OOD does rely on that /home/$USER/ondemand dir for each app sessions working environment so as Jeff suggested, rebooting the server/vm that OOD is running on is always a good first step to make sure you’re underlying autofs or otherwise mounted /home are sturdy. I manage a lot of clusters, including ones who house /home on VAST and any sort of latency or being out of sync can really mess with things.
I take it the VAST system is back up and has been checked on all nodes in the cluster?
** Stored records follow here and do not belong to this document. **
-- ===== src/Processing/Service.antt =====
-- lib/evidence-processing-service.js: `EvidenceProcessingService.processEvidence`. The check of the
-- schema is that of the Ajv package, and `number_text` is JavaScript's text of an integer; both are
-- parameters. Evidence is a JSON object.
use tanden_trust_audit_poc.Base.{
  ℕ, String, Bool, true, false, Option, none, some, List, Result, ok, err, Number, or_null,
}
use tanden_trust_audit_poc.Json.{Json, Fields, null, num, str, obj, end, field, get_field}
use tanden_trust_audit_poc.Platform.{Crypto}
use tanden_trust_audit_poc.Ledger.Row.{LedgerError}
use tanden_trust_audit_poc.Ledger.Table.{Table}
use tanden_trust_audit_poc.Ledger.Logger.{AppendRequest, EventRow, Faults, Pool, append_event}
use tanden_trust_audit_poc.Signing.Provider.{Signed, SigningProvider}
use tanden_trust_audit_poc.Store.Request.{StoreError, StoreRequest, assert_valid_version}
use tanden_trust_audit_poc.Store.Table.{VersionTable}
use tanden_trust_audit_poc.Store.Methods.{Stored, Link, append_evidence}

abbrev pub evidence_stored_event_type : String
evidence_stored_event_type = "evidence.stored"

abbrev pub key_id_or_null : Option String → Json
key_id_or_null none = null
key_id_or_null (some s) = str s

-- The argument of `appendEvidence`.
abbrev pub store_request : Fields → Option Number → Signed → StoreRequest
store_request evidence version signed = record {
  evidence_id = get_field "evidenceId" evidence;
  version = version;
  evidence = some (obj evidence);
  canonicalization = some (str signed.canonicalization);
  hash_algorithm = some (str signed.hash_algorithm);
  digest_hex = some (str signed.digest_hex);
  signature = some (str signed.signature_base64);
  signing_algorithm = some (str signed.signature_algorithm);
  kms_key_id = signed.kms_key_id;
}

-- What `processEvidence` returns; `storeReference` is the result of the store.
pub record Processed : Type 0 where
  pub evidence_id : String
  pub version : ℕ
  pub digest : String
  pub canonicalization : String
  pub hash_algorithm : String
  pub signature_algorithm : String
  pub kms_key_id : Option String
  pub signed_at : Option String
  pub store_reference : Stored
  pub ledger_event_id : String

unfoldable pub processed : Signed → Stored → EventRow → Processed
processed signed stored row = record {
  evidence_id = stored.evidence_id;
  version = stored.version;
  digest = signed.digest_hex;
  canonicalization = signed.canonicalization;
  hash_algorithm = signed.hash_algorithm;
  signature_algorithm = signed.signature_algorithm;
  kms_key_id = signed.kms_key_id;
  signed_at = signed.signed_at;
  store_reference = stored;
  ledger_event_id = row.event_id;
}

-- What validateEvidenceAgainstSchema returns.
pub record Validation : Type 0 where
  pub is_valid : Bool
  pub errors : List String

module _ (number_text : ℕ → String) where
  abbrev pub ledger_payload_fields : Signed → Stored → Fields
  ledger_payload_fields signed stored = field "evidenceId" (str stored.evidence_id) (
      field "version" (num (number_text stored.version)) (
        field "digestHex" (str signed.digest_hex) (
          field "canonicalization" (str signed.canonicalization) (
            field "hashAlgorithm" (str signed.hash_algorithm) (
              field "signatureAlgorithm" (str signed.signature_algorithm) (
                field "kmsKeyId" (key_id_or_null signed.kms_key_id) (
                  field "storeReference"
                    (obj (
                      field "id" (num (number_text stored.id)) (
                        field "evidenceId" (str stored.evidence_id) (
                          field "version" (num (number_text stored.version)) (
                            field "digestHex" (str stored.digest_hex)
                              (field "createdAt" (str stored.created_at) end))))))
                    end)))))))

  abbrev pub create_ledger_request : Signed → Stored → AppendRequest
  create_ledger_request signed stored = record {
    event_type = some (str evidence_stored_event_type);
    payload = some (obj (ledger_payload_fields signed stored));
    signature = some (str signed.signature_base64);
  }

  module _ (crypto : Crypto) (l : Table) (t : VersionTable) (p : SigningProvider)
      (validate : Json → Validation) where
    -- The errors of `processEvidence`. `EvidenceLedgerWriteError` carries the request with which the
    -- ledger write can be tried again.
    pub data ProcessingError : Type 0 where
      validation_failed : List String → ProcessingError
      version_refused : StoreError → ProcessingError
      signing_failed : p.Error → ProcessingError
      store_write_failed : Signed → StoreError → ProcessingError
      ledger_write_failed : Signed → Stored → AppendRequest → LedgerError → ProcessingError

    -- The collaborators of the service.
    pub record Service : Type 0 where
      pub provider : p.State
      pub store : t.State
      pub ledger : Pool l.State

    -- What happens around one call: the connection of the store, the failures of the ledger's calls
    -- and the UUID that it draws.
    pub record Surroundings : Type 0 where
      pub link : Link
      pub faults : Faults
      pub event_id : String

    -- The answer of the ledger.
    unfoldable pub ledger_written :
        Signed
        → Stored
        → p.State
        → t.State
        → Result LedgerError EventRow × Pool l.State
        → Result ProcessingError Processed × Service
    unfolding processed
    ledger_written signed stored s store (ok row, ledger) =
        (ok (processed signed stored row), record { provider = s; store = store; ledger = ledger })
    ledger_written signed stored s store (err e, ledger) = (
      err (ledger_write_failed signed stored (create_ledger_request signed stored) e),
      record { provider = s; store = store; ledger = ledger },
    )

    -- The answer of the store.
    unfoldable pub store_written :
        Surroundings
        → Signed
        → p.State
        → Pool l.State
        → Result StoreError Stored × t.State
        → Result ProcessingError Processed × Service
    store_written x signed s ledger (err e, store) =
        (err (store_write_failed signed e), record { provider = s; store = store; ledger = ledger })
    store_written x signed s ledger (ok stored, store) =
        ledger_written signed stored s store
          (append_event crypto l x.faults x.event_id (create_ledger_request signed stored) ledger)

    -- The answer of the signing provider.
    unfoldable pub evidence_signed :
        Surroundings
        → Fields
        → Option Number
        → t.State
        → Pool l.State
        → Result p.Error Signed × p.State
        → Result ProcessingError Processed × Service
    evidence_signed x evidence version store ledger (err e, s) =
        (err (signing_failed e), record { provider = s; store = store; ledger = ledger })
    evidence_signed x evidence version store ledger (ok signed, s) =
        store_written x signed s ledger
          (append_evidence t x.link (store_request evidence version signed) store)

    unfoldable pub version_checked :
        Surroundings
        → Fields
        → Option Number
        → Option String
        → Service
        → Result StoreError ℕ
        → Result ProcessingError Processed × Service
    version_checked x evidence version pem s (err e) = (err (version_refused e), s)
    version_checked x evidence version pem s (ok n) =
        evidence_signed x evidence version s.store s.ledger
          (p.sign_evidence (obj evidence) (or_null pem) s.provider)

    unfoldable pub schema_checked :
        Surroundings
        → Fields
        → Option Number
        → Option String
        → Service
        → Bool
        → List String
        → Result ProcessingError Processed × Service
    schema_checked x evidence version pem s false errors = (err (validation_failed errors), s)
    schema_checked x evidence version pem s true errors =
        version_checked x evidence version pem s (assert_valid_version version)

    unfoldable pub process_evidence :
        Surroundings
        → Fields
        → Option Number
        → Option String
        → Service
        → Result ProcessingError Processed × Service
    process_evidence x evidence version private_key_pem s =
        schema_checked x evidence version private_key_pem s (validate (obj evidence)).is_valid
          (validate (obj evidence)).errors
VAST shares can be deployed various ways so it would be helpful to know how you folks are doing it. In the most simple form, it can effectively be just an NFS export but for much better performance you can build their kernel modules against mofed (if you are an InfiniBand primary cluster) but also against the kernel even if you do not have IB. Are you an IB shop or just over regular tcp/ip?
A first guess might be that the latency in creating the connection.yml file is not beating the underlying OOD rails app’s need for it and as a result you are hitting a race condition in a sense. Resulting in the interactive app card not having the information it needs to populate the html, etc.
On behalf of OSC / Open OnDemand, we are extremely grateful you are pitching in to help and welcome any and all assistance you are willing to provide to the community!
Thank you all for sharing your thoughts and ideas!
Once you pointed connection.yml, I noticed for some jobs, the file was either missing in the staged dir, which caused jobs to be terminated right away, or the file was generated yet can’t be propagated back to the login node, causing “stuck”. We don’t have a dedicated sever as OOD login (webnode). In the meantime, some jobs run as well as expected.
The system admins only rebooted some compute nodes to bring the clusters back online sooner, which probably explains the weird OOD behavior.